The problem is, many sellers simply latch onto Amazon’s recent encouragement to dispute the suspension if they feel they’ve been taken down “in error,” fully believing an email back confirming they only sell new items, plus an invoice, will seal the deal. Almost all of those attempts fail, and for a reason not often easy to understand. “Used Sold as New” doesn’t necessarily mean Amazon’s accusing you of selling used items. In my experience, they are simply referencing item condition complaints buyers made against your products. The products could have been damaged in transit, or defective due to poor handling of the packaging. They may only seem “not new” because of those kinds of reasons, not because you sourced an open box product that a buyer tried out already.
Amazon black hat tactics are not worth the risk
One good reason to go with a former Amazon employee is because people like us understand the internal workings of the teams, and the tools. We understand them so well that we wouldn’t jeopardize the employment of someone who works there, or even worked with us, simply to find an added edge in the account reinstatement business. Investigators leave a trail when they jump in and out of accounts. If an account is reinstated with a token POA that looks like it was written on the back of a napkin, or with no POA at all, any proper audit will uncover such behavior. Black hat consultants may not know how this works and probably won’t care, if they consider their “inside contacts” to be people they can use and abuse. They likely have no past working relationships or personal connections to any of them other than when they want something.

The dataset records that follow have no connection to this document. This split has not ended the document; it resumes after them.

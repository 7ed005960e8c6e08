-- ===== src/Worker/Fetch.antt =====
-- src/worker.rs, `fetch_work` and `unpack_message`.
use thread_pool.Prelude.{
  ℕ, zero, suc, ◌+◌, ◌<◌, ◌≡◌, Bool, true, false, List, [], ◌∷◌, Option, none, some, ◌||◌, Result,
  ok, err, Result-cases, Bool-cases, inl, inr, if◌then◌else◌, ltb, arith,
}
use thread_pool.Model.{Message, single_job, chained_jobs, terminate, Job}
use thread_pool.Channel.{Channel, TryRecvError, IsFifo}

abbrev pub long_parking_rounds : ℕ
long_parking_rounds = 8

abbrev pub short_parking_rounds : ℕ
short_parking_rounds = 2

pub data RecvTimeoutError : Type 0 where
  timeout disconnected : RecvTimeoutError

abbrev pub rounds_of : Bool → ℕ
rounds_of can_skip = if can_skip then short_parking_rounds else long_parking_rounds

module _ (c : Channel) where
  -- The loop, with `wait` as it enters a round. `none` means that the fuel ran out.
  unfoldable pub fetch_loop :
      ℕ → ℕ → ℕ → Bool → c.State → Option (Result Message RecvTimeoutError × c.State)
  fetch_loop zero wait rounds can_skip s = none
  fetch_loop (suc fuel) wait rounds can_skip s =
      let (r, t) = c.try_recv s in
      let waited = wait + 1 in
      elim r [
        | ok work ↦ some (ok work, t)
        | err e ↦ elim e [
          | TryRecvError.disconnected ↦ some (err disconnected, t)
          | TryRecvError.empty ↦
              if can_skip then some (err timeout, t) else elim (ltb rounds waited) [
                | true ↦ some (err timeout, t)
                | false ↦ fetch_loop fuel waited rounds can_skip t
              ]
        ]
      ]

  abbrev fetched :
      c.State
      → Option (Result Message RecvTimeoutError × c.State)
      → Result Message RecvTimeoutError × c.State
  fetched s none = (err timeout, s)
  fetched s (some r) = r

  -- One round more than `rounds` is enough: `fetch_work_returns`.
  unfoldable pub fetch_work : Bool → c.State → Result Message RecvTimeoutError × c.State
  unfolding fetch_loop
  fetch_work can_skip s =
      fetched s (fetch_loop (rounds_of can_skip + 1) 0 (rounds_of can_skip) can_skip s)

-- `none` is the panic of `unreachable!`.
unfoldable pub unpack_message : Message → Option (Option Job × Option (List ℕ))
unpack_message (single_job job) = some (some job, none)
unpack_message (chained_jobs jobs) = none
unpack_message (terminate target) = some (none, some target)

module _ (c : Channel) where
  -- From any round on, the rounds that are left are enough fuel, whatever the channel answers.
  fetch_loop_ends :
      (fuel wait rounds : ℕ) (can_skip : Bool) (s : c.State)
      → rounds < fuel + wait
      → 0 < fuel
      → (r : Result Message RecvTimeoutError × c.State) × (fetch_loop c fuel wait rounds can_skip s
          ≡ some r)
  unfolding fetch_loop
  fetch_loop_ends zero wait rounds can_skip s h p = absurd (omega arith)
  fetch_loop_ends (suc fuel) wait rounds can_skip s h p =
      let t = (c.try_recv s).1 in
      elim (Result-cases (c.try_recv s).0) [
        | inl (m, e) ↦ ((ok m, t), ground arith)
        | inr (TryRecvError.disconnected, e) ↦ ((err disconnected, t), ground arith)
        | inr (TryRecvError.empty, e) ↦ elim (Bool-cases (can_skip || ltb rounds (wait + 1))) [
          | inl over ↦ ((err timeout, t), ground arith)
          | inr under ↦
              let left : rounds < fuel + (wait + 1) = omega arith in
              let more : 0 < fuel = ground arith in
              let r = fetch_loop_ends fuel (wait + 1) rounds can_skip t left more in
              (r.0, ground (arith, r.1))
        ]
      ]

  -- One more round of fuel than the constant is enough: `fetch_work` returns what its loop returns,
  -- whatever the channel answers.
  pub fetch_work_returns :
      (can_skip : Bool) (s : c.State)
      → fetch_loop c (rounds_of can_skip + 1) 0 (rounds_of can_skip) can_skip s
        ≡ some (fetch_work c can_skip s)
  unfolding fetch_work
  fetch_work_returns can_skip s =
      let r =
        fetch_loop_ends (rounds_of can_skip + 1) 0 (rounds_of can_skip) can_skip s (omega arith)
          (ground arith) in
      ground (arith, r.1)

module _ (c : Channel) (fifo : IsFifo c) where
  open fifo use {contents}

  fetch_loop_waits :
      (fuel wait rounds : ℕ) (can_skip : Bool) (s : c.State)
      → contents s ≡ []
      → rounds < fuel + wait
      → 0 < fuel
      → (t : c.State) × (fetch_loop c fuel wait rounds can_skip s ≡ some (err timeout, t))
        × (contents t ≡ [])
  unfolding fetch_loop
  fetch_loop_waits zero wait rounds can_skip s none_left h p = absurd (omega arith)
  fetch_loop_waits (suc fuel) wait rounds can_skip s none_left h p =
      let t = (c.try_recv s).1 in
      let (e, still) = fifo.recv_none s none_left in
      elim (Bool-cases (can_skip || ltb rounds (wait + 1))) [
        | inl over ↦ (t, ground arith, still)
        | inr under ↦
            let left : rounds < fuel + (wait + 1) = omega arith in
            let more : 0 < fuel = ground arith in
            let r = fetch_loop_waits fuel (wait + 1) rounds can_skip t still left more in
            (r.0, ground (arith, r.1), r.2)
      ]

  -- A fetch takes the oldest message, at its first poll.
  pub fetch_work_some :
      (can_skip : Bool) (s : c.State) (m : Message) (ms : List Message)
      → contents s ≡ m ∷ ms
      → ((fetch_work c can_skip s).0 ≡ ok m) × (contents (fetch_work c can_skip s).1 ≡ ms)
  unfolding fetch_work fetch_loop
  fetch_work_some true s m ms e = ground (arith, fifo.recv_some s m ms e)
  fetch_work_some false s m ms e = ground (arith, fifo.recv_some s m ms e)

  -- A fetch from an empty channel times out and leaves it empty.
  pub fetch_work_none :
      (can_skip : Bool) (s : c.State)
      → contents s ≡ []
      → ((fetch_work c can_skip s).0 ≡ err timeout) × (contents (fetch_work c can_skip s).1 ≡ [])
  unfolding fetch_work
  fetch_work_none can_skip s e =
      let r =
        fetch_loop_waits (rounds_of can_skip + 1) 0 (rounds_of can_skip) can_skip s e (omega arith)
          (ground arith) in
      ground (arith, r)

Ultimately, the recklessness associated with i could come back on you, the seller, if you’re hiring the wrong consultant to help. We’ve already seen some seller accounts that were blocked permanently when bad behavior linked to undue influence of an Amazon employee was uncovered. It’s inadvisable to hand over fees to a consultant, let them do the rest, and ask them not to tell you how they get the work done. If your account reinstatement looks like a bad or mistaken reinstatement to an auditor who knows where to look, they’ll wonder where the magic came from.
Did you induce another party to reinstate you without composing a proper appeal? Does that person claim to work with internal Amazonians to resolve your problems? You’re playing fast and loose with the fate of your Amazon business, if so. Make sure if you choose this path that you’re OK with losing all final funds and your inventory, too.
No matter what team you need to appeal to, remember that you’re the one deciding what you will need from a consultant in terms of expertise and reliability. My guess is that you won’t want a few simple Google searches to determine the fate of your Amazon business. Eyeballing a number of ads and absorbing language around “100% reinstatement success” may make you feel better in the short term, but in the long term, only actual success solves the problem. Make sure you do your homework unless you can afford to say goodbye to the account if it comes to that.